INSTRUCTIONS FOR THE TASK
Copy each of the records exactly.

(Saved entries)
============================================================

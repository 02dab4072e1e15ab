-- ===== src/Dns/Examples.antt =====
-- Runs of src/dns/dns_client.py on small inputs.
use platform_api.Prelude.{List, String, [], if◌then◌else◌, keep, not, text, ◌∷◌, ◌≡◌}
use platform_api.Dns.Client.{DnsRecord, RecordType, a, mx, replaced, set_fields}
use platform_api.Dns.Client.Upsert.{is_at, records_at, records_at-replaced, replaced_keeps}
use platform_api.Dns.Client.Fields.{nth_as, read_at, set_fields-read_at}

abbrev at_host : String → RecordType → String → DnsRecord
at_host host type address = record {
  host = text host;
  type = type;
  address = text address;
  ttl = 60;
  mx_pref = 10;
}

abbrev zone : List DnsRecord
zone = at_host "www" a "1.1.1.1" ∷ at_host "@" mx "mail" ∷ at_host "site" a "2.2.2.2" ∷ []

records_at-replaced_example :
    records_at (text "site") a (replaced zone (at_host "site" a "3.3.3.3")) ≡ (
      if is_at (text "site") a (at_host "site" a "3.3.3.3")
      then at_host "site" a "3.3.3.3" ∷ []
      else records_at (text "site") a zone)
records_at-replaced_example = records_at-replaced zone (at_host "site" a "3.3.3.3") (text "site") a

replaced_keeps_example :
    (keep (λ r. not (is_at (text "www") a r)) (replaced zone (at_host "www" a "4.4.4.4"))
      ≡ keep (λ r. not (is_at (text "www") a r)) zone)
    × (replaced (replaced zone (at_host "www" a "4.4.4.4")) (at_host "www" a "4.4.4.4")
        ≡ replaced zone (at_host "www" a "4.4.4.4"))
replaced_keeps_example = replaced_keeps zone (at_host "www" a "4.4.4.4")

set_fields-read_at_example :
    read_at 2 (set_fields ((text "SLD", text "arcnode") ∷ (text "TLD", text "io") ∷ []) zone)
    ≡ nth_as 1 zone 2
set_fields-read_at_example = set_fields-read_at (text "arcnode") (text "io") zone 2
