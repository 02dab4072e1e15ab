-- ===== src/Edp.antt =====
-- edp_client/: what the engineering service sends back, and the client that waits for it.
pub mod Artifacts
pub mod Client
mod Examples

============================================================

SOLVED PROBLEM
repository 02dab4072e1e15ab
-- ===== src/Dns/Examples.antt =====
-- Runs of src/dns/dns_client.py on small inputs.
use platform_api.Prelude.{List, String, [], if◌then◌else◌, keep, not, text, ◌∷◌, ◌≡◌}
use platform_api.Dns.Client.{DnsRecord, RecordType, a, mx, replaced, set_fields}
use platform_api.Dns.Client.Upsert.{is_at, records_at, records_at-replaced, replaced_keeps}
use platform_api.Dns.Client.Fields.{nth_as, read_at, set_fields-read_at}

abbrev at_host : String → RecordType → String → DnsRecord
at_host host type address = record {
  host = text host;
  type = type;
  address = text address;
  ttl = 60;
  mx_pref = 10;
}

abbrev zone : List DnsRecord
zone = at_host "www" a "1.1.1.1" ∷ at_host "@" mx "mail" ∷ at_host "site" a "2.2.2.2" ∷ []

records_at-replaced_example :
    records_at (text "site") a (replaced zone (at_host "site" a "3.3.3.3")) ≡ (
      if is_at (text "site") a (at_host "site" a "3.3.3.3")
      then at_host "site" a "3.3.3.3" ∷ []
      else records_at (text "site") a zone)
records_at-replaced_example = records_at-replaced zone (at_host "site" a "3.3.3.3") (text "site") a

replaced_keeps_example :
    (keep (λ r. not (is_at (text "www") a r)) (replaced zone (at_host "www" a "4.4.4.4"))
      ≡ keep (λ r. not (is_at (text "www") a r)) zone)
    × (replaced (replaced zone (at_host "www" a "4.4.4.4")) (at_host "www" a "4.4.4.4")
        ≡ replaced zone (at_host "www" a "4.4.4.4"))
replaced_keeps_example = replaced_keeps zone (at_host "www" a "4.4.4.4")

set_fields-read_at_example :
    read_at 2 (set_fields ((text "SLD", text "arcnode") ∷ (text "TLD", text "io") ∷ []) zone)
    ≡ nth_as 1 zone 2
set_fields-read_at_example = set_fields-read_at (text "arcnode") (text "io") zone 2
repository 02dab4072e1e15ab
-- ===== src/Edp.antt =====
-- edp_client/: what the engineering service sends back, and the client that waits for it.
pub mod Artifacts
pub mod Client
mod Examples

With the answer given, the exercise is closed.